# Beating a dead horse a different way.



## Jmac7469 (Jan 5, 2016)

Alright guys I'm building my new flounder boat. Honda genny and hps lights. My question is, this is my first square nosed skiff. A carolina skiff to be exact, so my debate is to mount trolling motor center with a 400w hps to each side of bow then put 150w on the port and starboard of platform. Or off center trolling motor center mount 1 400 and then run a 400 off each side. I usually gig alone but will take my dad or a friend time to time. Thanks for any advice in advance.

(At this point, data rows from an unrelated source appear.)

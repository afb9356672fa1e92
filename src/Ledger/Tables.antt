-- ===== src/Ledger/Tables.antt =====
-- packages/core/src/belief_ledger_core/migrations.py: the projection tables, their keys, and the
-- statements that the projections run on them. A JSON column holds the value that it encodes. A
-- table lists its newest row first. Foreign keys hold by the checks of the handlers.
use belief_ledger_pramana.Prelude.{
  ℕ, Bool, false, Option, List, [], ◌∷◌, map, any, find, on_option, ◌==◌, if◌then◌else◌,
}
use Prim.Native.String.{String}
use belief_ledger_pramana.Models.{
  ChainAudit, ComponentVerdict, Conflict, DefeatEdge, Episode, Evidence, IngestionSupport, LlmUsage,
  Perishability, Pramana, RenderedBelief, RetractionNotice, Source, Stakes, Status, Value,
  VerificationTask,
}
use belief_ledger_pramana.Ledger.Results.{Error, Result, ok, raise}

pub record BeliefRow : Type 0 where
  pub id : ℕ
  pub episode_id : ℕ
  pub content : String
  pub normalized_content : String
  pub content_fingerprint : ℕ
  pub pramana : Pramana
  pub source_id : ℕ
  pub qualifiers : List (String × String)
  pub perishability : Perishability
  pub observed_at : ℕ
  pub stakes : Stakes
  pub status : Status
  pub admission_status : Status
  pub domain : String
  pub confidence : Option ℕ
  pub corroboration : ℕ
  pub validity : List (String × Value)

pub record BeliefEvidenceRow : Type 0 where
  pub belief_id : ℕ
  pub evidence_id : ℕ
  pub span : Option (ℕ × ℕ)

pub record JustificationRow : Type 0 where
  pub id : ℕ
  pub episode_id : ℕ
  pub belief_id : ℕ
  pub warrant : String
  pub audit : Option ChainAudit
  pub alternatives : List String

pub record PremiseRow : Type 0 where
  pub justification_id : ℕ
  pub ordinal : ℕ
  pub premise_belief_id : ℕ

-- `root` is `none` where no row of the source was found, which is written as `unknown`.
pub record SourceRootRow : Type 0 where
  pub episode_id : ℕ
  pub belief_id : ℕ
  pub root : Option String
  pub transport : Option ℕ

pub record FingerprintRow : Type 0 where
  pub episode_id : ℕ
  pub belief_id : ℕ
  pub source_root : Option String
  pub fingerprint : ℕ

pub data PromotionState : Type 0 where
  open_promotion resolved failed : PromotionState

-- `reason` is `none` for `lazy_extraction`.
pub record UnpromotedRow : Type 0 where
  pub episode_id : ℕ
  pub evidence_id : ℕ
  pub source_profile : ℕ
  pub state : PromotionState
  pub reason : Option ℕ

pub record LintRow : Type 0 where
  pub event_id : ℕ
  pub episode_id : ℕ
  pub response_hash : ℕ
  pub passed : Bool
  pub report : Value

pub record GateRow : Type 0 where
  pub event_id : ℕ
  pub episode_id : ℕ
  pub tool_name : ℕ
  pub args_hash : ℕ
  pub outcome : ℕ
  pub reason_code : ℕ
  pub detail : Value

pub record ResponseRow : Type 0 where
  pub event_id : ℕ
  pub episode_id : ℕ
  pub turn_id : ℕ
  pub content_hash : ℕ
  pub content : String

pub record FtsRow : Type 0 where
  pub belief_id : ℕ
  pub episode_id : ℕ
  pub status : Status
  pub content : String

pub record Tables : Type 0 where
  pub episodes : List Episode
  pub sources : List Source
  pub evidence : List Evidence
  pub beliefs : List BeliefRow
  pub belief_evidence : List BeliefEvidenceRow
  pub supports : List IngestionSupport
  pub justifications : List JustificationRow
  pub premises : List PremiseRow
  pub defeats : List DefeatEdge
  pub verification_tasks : List VerificationTask
  pub conflicts : List Conflict
  pub retractions : List RetractionNotice
  pub rendered : List RenderedBelief
  pub source_roots : List SourceRootRow
  pub fingerprints : List FingerprintRow
  pub verdicts : List ComponentVerdict
  pub llm_usage : List LlmUsage
  pub unpromoted : List UnpromotedRow
  pub lint_reports : List LintRow
  pub gate_decisions : List GateRow
  pub responses : List ResponseRow
  pub fts : List FtsRow

abbrev pub no_tables : Tables
no_tables = record {
  episodes = [];
  sources = [];
  evidence = [];
  beliefs = [];
  belief_evidence = [];
  supports = [];
  justifications = [];
  premises = [];
  defeats = [];
  verification_tasks = [];
  conflicts = [];
  retractions = [];
  rendered = [];
  source_roots = [];
  fingerprints = [];
  verdicts = [];
  llm_usage = [];
  unpromoted = [];
  lint_reports = [];
  gate_decisions = [];
  responses = [];
  fts = [];
}

-- A table whose rows have an identifier and belong to an episode.
pub record Entity (A : Type 0) : Type 0 where
  pub id_of : A → ℕ
  pub episode_of : A → ℕ

instance abbrev pub source_entity : Entity Source
source_entity = record { id_of = λ r. r.id; episode_of = λ r. r.episode_id }

instance abbrev pub evidence_entity : Entity Evidence
evidence_entity = record { id_of = λ r. r.id; episode_of = λ r. r.episode_id }

instance abbrev pub belief_entity : Entity BeliefRow
belief_entity = record { id_of = λ r. r.id; episode_of = λ r. r.episode_id }

instance abbrev pub support_entity : Entity IngestionSupport
support_entity = record { id_of = λ r. r.id; episode_of = λ r. r.episode_id }

instance abbrev pub justification_entity : Entity JustificationRow
justification_entity = record { id_of = λ r. r.id; episode_of = λ r. r.episode_id }

instance abbrev pub defeat_entity : Entity DefeatEdge
defeat_entity = record { id_of = λ r. r.id; episode_of = λ r. r.episode_id }

instance abbrev pub task_entity : Entity VerificationTask
task_entity = record { id_of = λ r. r.id; episode_of = λ r. r.episode_id }

instance abbrev pub conflict_entity : Entity Conflict
conflict_entity = record { id_of = λ r. r.id; episode_of = λ r. r.episode_id }

instance abbrev pub retraction_entity : Entity RetractionNotice
retraction_entity = record { id_of = λ r. r.id; episode_of = λ r. r.episode_id }

module _ {A : Type 0} where
  -- `INSERT`, with the test of a key that is there already.
  unfoldable pub insert : (A → A → Bool) → A → List A → Result (List A)
  insert clash r rows = if any (clash r) rows then raise Error.constraint else ok (r ∷ rows)

  -- `UPDATE ... WHERE`
  unfoldable pub update : (A → Bool) → (A → A) → List A → List A
  update selected change rows = map (λ r. if selected r then change r else r) rows

module _ {A : Type 0} ⦃e : Entity A⦄ where
  -- `_entity_in_episode`
  unfoldable pub entity_in_episode : List A → ℕ → ℕ → Bool
  entity_in_episode rows identifier episode_id =
      on_option (find (λ r. e.id_of r == identifier) rows) false (λ r. e.episode_of r == episode_id)

  abbrev pub same_id : A → A → Bool
  same_id r x = e.id_of x == e.id_of r

  -- `UPDATE ... WHERE id=?`
  abbrev pub update_id : ℕ → (A → A) → List A → List A
  update_id identifier change rows = update (λ r. e.id_of r == identifier) change rows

Also if anyone has an email address or some way to order them I would like to get my hands on a few cosson gigs heads.


----------



## ethangolson (Jun 25, 2015)

I used oznium LEDs. They use almost no power and are very bright. A car battery could run them all season without charging. I usually wade gig and I have a 3 light submersible setup that ran off of AA's for about 2 weeks. Plenty of light for a good price. They lights I used are intended to be mounted below the waterline on boats so they're very waterproof. 


Sent from my iPhone using Tapatalk


----------



## Five Prongs Of Fury (Apr 15, 2008)

Your on the right track with the HPS lights. 400's are a little overkill IMO but to each his own. I also run a Carolina Skiff. I would mount the trolling motor center of bow. I have always rigged every boat I've had this way.

As for Jim's gigs, you'll have to PM him on here. He has a busy schedule and his gigs are in high demand. I suggest you put in your order ahead of time. They are worth the wait. Jim is a good friend of mine and I've used his heads for the last 20 years.


----------



## Snagged Line (Sep 30, 2007)

Jmac7469 said:


> Also if anyone has an email address or some way to order them I would like to get my hands on a few cosson gigs heads.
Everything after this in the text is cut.